### TASK TO CARRY OUT
Filter the entries, keeping every line with the word "panicked".
SUPPLIED RECORDS: Begin
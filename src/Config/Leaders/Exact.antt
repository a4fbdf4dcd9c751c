-- ===== src/Config/Leaders/Exact.antt =====
-- When `checkOneLeader` of Task5/raft/config.go passes with a server.
use unique_freshman.Prelude.{
  ℕ, suc, take, ◌≤◌, ◌≡◌, ◌≢◌, ◌↔◌, ◌⊎◌, refl, sym, ap, ◌∙◌, ℤ, minus_one, ◌≤ℤ◌, ◌<ℤ◌, ltb_ℤ, eqb_ℤ,
  Bool, true, false, List, [], ◌∷◌, ◌++◌, Option, none, some, if◌then◌else◌, length, arith, inl,
  inr, Bool-cases,
}
use unique_freshman.Raft.Types.{Raft}
use unique_freshman.Raft.State.{get_state}
use unique_freshman.Config.{passed, Check-cases, failed-ne-passed, panicked-ne-passed}
use unique_freshman.Config.Leaders.{
  LeaderMap, add_leader, leaders_of, last_term_with_leader, find_leaders, check_rounds,
  check_one_leader, leading, AllRun,
}
use unique_freshman.Config.Leaders.Unique.{
  OneLeader, one_leader, no_leader_seen, find_leaders-AllRun, find_leaders-leading,
  leaders_of-add_leader, head_of,
}

-- No entry is empty, and no term has two entries.
abbrev IsMap : LeaderMap → Type 0
IsMap [] = Unit
IsMap ((t, is) ∷ m) = (is ≢ []) × (leaders_of t m ≡ []) × IsMap m

add_last : (is : List ℕ) (i : ℕ) → (is ++ i ∷ []) ≢ []
add_last [] i h = cc
add_last (x ∷ is) i h = cc

add_leader-IsMap : (t : ℤ) (i : ℕ) (m : LeaderMap) → IsMap m → IsMap (add_leader t i m)
unfolding add_leader leaders_of
add_leader-IsMap t i [] good = (λ h. cc, refl, tt)
add_leader-IsMap t i ((u, is) ∷ m) (full, alone, good) = elim (Bool-cases (eqb_ℤ u t)) [
  | inl same ↦ rw (same) (add_last is i, alone, good)
  | inr other ↦
      rw (other)
        (full, ground (arith, leaders_of-add_leader u t i m, alone), add_leader-IsMap t i m good)
]

-- The loop over the map, where every entry has one leader and `term` is the latest.
last_term-passed :
    (term last : ℤ) (m : LeaderMap)
    → IsMap m
    → ((u : ℤ) → length (leaders_of u m) ≤ 1)
    → ((u : ℤ) → term <ℤ u → leaders_of u m ≡ [])
    → last ≤ℤ term
    → ((leaders_of term m ≢ []) ⊎ (last ≡ term))
    → last_term_with_leader last m ≡ passed term
unfolding last_term_with_leader leaders_of
last_term-passed term last [] good few beyond low (inl there) = absurd (there refl)
last_term-passed term last [] good few beyond low (inr same) = ap passed same
last_term-passed term last ((t, is) ∷ m) (full, alone, good) few beyond low there =
    let later : ℤ = if ltb_ℤ last t then t else last in
    let own : length is ≤ 1 = ground (arith, few t) in
    let fits : t ≤ℤ term = elim (Bool-cases (ltb_ℤ term t)) [
      | inl out ↦ absurd (full (ground (arith, beyond t)))
      | inr inside ↦ ground arith
    ] in
    let rest : last_term_with_leader later m ≡ passed term =
      last_term-passed term later m good (λ u. ground (arith, few u, alone))
        (λ u more. ground (arith, beyond u, alone)) (ground arith)
        (elim (Bool-cases (eqb_ℤ t term)) [
          | inl is_last ↦ inr (ground arith)
          | inr not_last ↦ elim there [
            | inl some_there ↦ inl (λ none_there. some_there (ground (arith, none_there)))
            | inr same ↦ inr (ground arith)
          ]
        ]) in
    ground (arith, rest)

IsMap-empty : (m : LeaderMap) → IsMap m → ((u : ℤ) → leaders_of u m ≡ []) → m ≡ []
unfolding leaders_of
IsMap-empty [] good none_there = refl
IsMap-empty ((t, is) ∷ m) (full, alone, good) none_there =
    absurd (full (ground (arith, none_there t)))

module _ {Bytes Command : Type 0} where
  find_leaders-passed :
      (i : ℕ) (m : LeaderMap) (servers : List (Bool × Option (Raft Bytes Command)))
      → IsMap m
      → AllRun servers
      → (m' : LeaderMap) × (find_leaders i m servers ≡ passed m') × IsMap m'
  unfolding find_leaders
  find_leaders-passed i m [] good run = (m, refl, good)
  find_leaders-passed i m ((false, rf) ∷ servers) good run =
      find_leaders-passed (suc i) m servers good run
  find_leaders-passed i m ((true, none) ∷ servers) good run = absurd run
  find_leaders-passed i m ((true, some rf) ∷ servers) good run =
      elim (Bool-cases (get_state rf).1) [
        | inl leads ↦ rw (leads) (
            find_leaders-passed (suc i) (add_leader (get_state rf).0 i m) servers
              (add_leader-IsMap (get_state rf).0 i m good) run)
        | inr not_leads ↦ rw (not_leads) (find_leaders-passed (suc i) m servers good run)
      ]

  -- A round in which all connected servers run and none leads.
  pub record HasNone (servers : List (Bool × Option (Raft Bytes Command))) : Type 0 where
    pub runs : AllRun servers
    pub nobody : (u : ℤ) → leading u 0 servers ≡ []

  -- The first round in which a server leads ends the check, with server `i`.
  pub data Finds (i : ℕ) : List (List (Bool × Option (Raft Bytes Command))) → Type 0 where
    now :
        {servers : List (Bool × Option (Raft Bytes Command))}
        {rounds : List (List (Bool × Option (Raft Bytes Command)))}
        → OneLeader i servers
        → Finds i (servers ∷ rounds)
    later :
        {servers : List (Bool × Option (Raft Bytes Command))}
        {rounds : List (List (Bool × Option (Raft Bytes Command)))}
        → HasNone servers
        → Finds i rounds
        → Finds i (servers ∷ rounds)

  passed-Finds :
      (i : ℕ) (rounds : List (List (Bool × Option (Raft Bytes Command))))
      → check_rounds rounds ≡ passed i
      → Finds i rounds
  unfolding check_rounds
  passed-Finds i [] h = absurd (ground arith)
  passed-Finds i (servers ∷ rounds) h = elim (Check-cases (find_leaders 0 [] servers)) [
    | inl ([], found) ↦
        later
          (record {
            runs = find_leaders-AllRun 0 [] [] servers found;
            nobody = λ u. no_leader_seen u servers found;
          })
          (passed-Finds i rounds (rw (found, check_rounds) at h))
    | inl (entry ∷ m, found) ↦ elim (Check-cases (last_term_with_leader minus_one (entry ∷ m))) [
      | inl (last, end) ↦
          let (is, here) = head_of i last (entry ∷ m) (rw (found, check_rounds, end) at h) in
          now (one_leader i is last (entry ∷ m) servers found end here)
      | inr (inl bad) ↦ absurd (failed-ne-passed (rw (found, check_rounds, bad) at h))
      | inr (inr bad) ↦ absurd (panicked-ne-passed (rw (found, check_rounds, bad) at h))
    ]
    | inr (inl bad) ↦ absurd (failed-ne-passed (rw (bad, check_rounds) at h))
    | inr (inr bad) ↦ absurd (panicked-ne-passed (rw (bad, check_rounds) at h))
  ]

  -- What is seen of a map whose latest term has the leader `i`.
  ends_with :
      (i : ℕ) (term : ℤ) (m : LeaderMap) (servers : List (Bool × Option (Raft Bytes Command)))
      (rounds : List (List (Bool × Option (Raft Bytes Command))))
      → find_leaders 0 [] servers ≡ passed m
      → last_term_with_leader minus_one m ≡ passed term
      → leaders_of term m ≡ i ∷ []
      → check_rounds (servers ∷ rounds) ≡ passed i
  unfolding check_rounds
  ends_with i term [] servers rounds found end here =
      absurd (unfold leaders_of in ground (arith, here))
  ends_with i term (entry ∷ m) servers rounds found end here =
      rw (check_rounds, found, end, here) refl

  OneLeader-passed :
      (i : ℕ) (servers : List (Bool × Option (Raft Bytes Command)))
      (rounds : List (List (Bool × Option (Raft Bytes Command))))
      → OneLeader i servers
      → check_rounds (servers ∷ rounds) ≡ passed i
  unfolding check_rounds
  OneLeader-passed i servers rounds o =
      let (m, found, good) = find_leaders-passed 0 [] servers tt o.runs in
      let same : (u : ℤ) → leaders_of u m ≡ leading u 0 servers =
        λ u. unfold leaders_of in find_leaders-leading u 0 [] m servers found in
      let here : leaders_of o.term m ≡ i ∷ [] = same o.term ∙ o.alone in
      let end =
        last_term-passed o.term minus_one m good (λ u. rw (same u) (o.unique u))
          (λ u beyond. same u ∙ o.latest u beyond) o.from_start
          (inl (λ h. let no : i ∷ [] ≡ [] = sym here ∙ h in cc)) in
      ends_with i o.term m servers rounds found end here

  HasNone-next :
      (servers : List (Bool × Option (Raft Bytes Command)))
      (rounds : List (List (Bool × Option (Raft Bytes Command))))
      → HasNone servers
      → check_rounds (servers ∷ rounds) ≡ check_rounds rounds
  unfolding check_rounds
  HasNone-next servers rounds o =
      let (m, found, good) = find_leaders-passed 0 [] servers tt o.runs in
      let same : (u : ℤ) → leaders_of u m ≡ leading u 0 servers =
        λ u. unfold leaders_of in find_leaders-leading u 0 [] m servers found in
      let empty = IsMap-empty m good (λ u. same u ∙ o.nobody u) in
      rw (check_rounds, found ∙ ap passed empty) refl

  check_rounds_iff :
      (i : ℕ) (rounds : List (List (Bool × Option (Raft Bytes Command))))
      → (check_rounds rounds ≡ passed i) ↔ Finds i rounds
  check_rounds_iff i rounds = (passed-Finds i rounds, found rounds)
    where
      found :
          (rs : List (List (Bool × Option (Raft Bytes Command))))
          → Finds i rs
          → check_rounds rs ≡ passed i
      found [] h = elim h [ ]
      found (servers ∷ rs) (now o) = OneLeader-passed i servers rs o
      found (servers ∷ rs) (later o more) = HasNone-next servers rs o ∙ found rs more

  -- `checkOneLeader` passes with server `i` exactly if among its ten rounds there
  -- is a first one in which a connected
  -- server leads, and in that round `i` is the only connected leader of a term, which is -1 or later,
  -- no connected server leads in a later term, and no two in any term; and in that round and those
  -- before it every connected server runs.
  pub check_one_leader_iff :
      (i : ℕ) (rounds : List (List (Bool × Option (Raft Bytes Command))))
      → (check_one_leader rounds ≡ passed i) ↔ Finds i (take 10 rounds)
  unfolding check_one_leader
  check_one_leader_iff i rounds = check_rounds_iff i (take 10 rounds)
SUPPLIED RECORDS: End
### RESULT FOR THIS EXERCISE
use unique_freshman.Config.{passed, Check-cases, failed-ne-passed, panicked-ne-passed}
      | inr (inr bad) ↦ absurd (panicked-ne-passed (rw (found, check_rounds, bad) at h))
    | inr (inr bad) ↦ absurd (panicked-ne-passed (rw (bad, check_rounds) at h))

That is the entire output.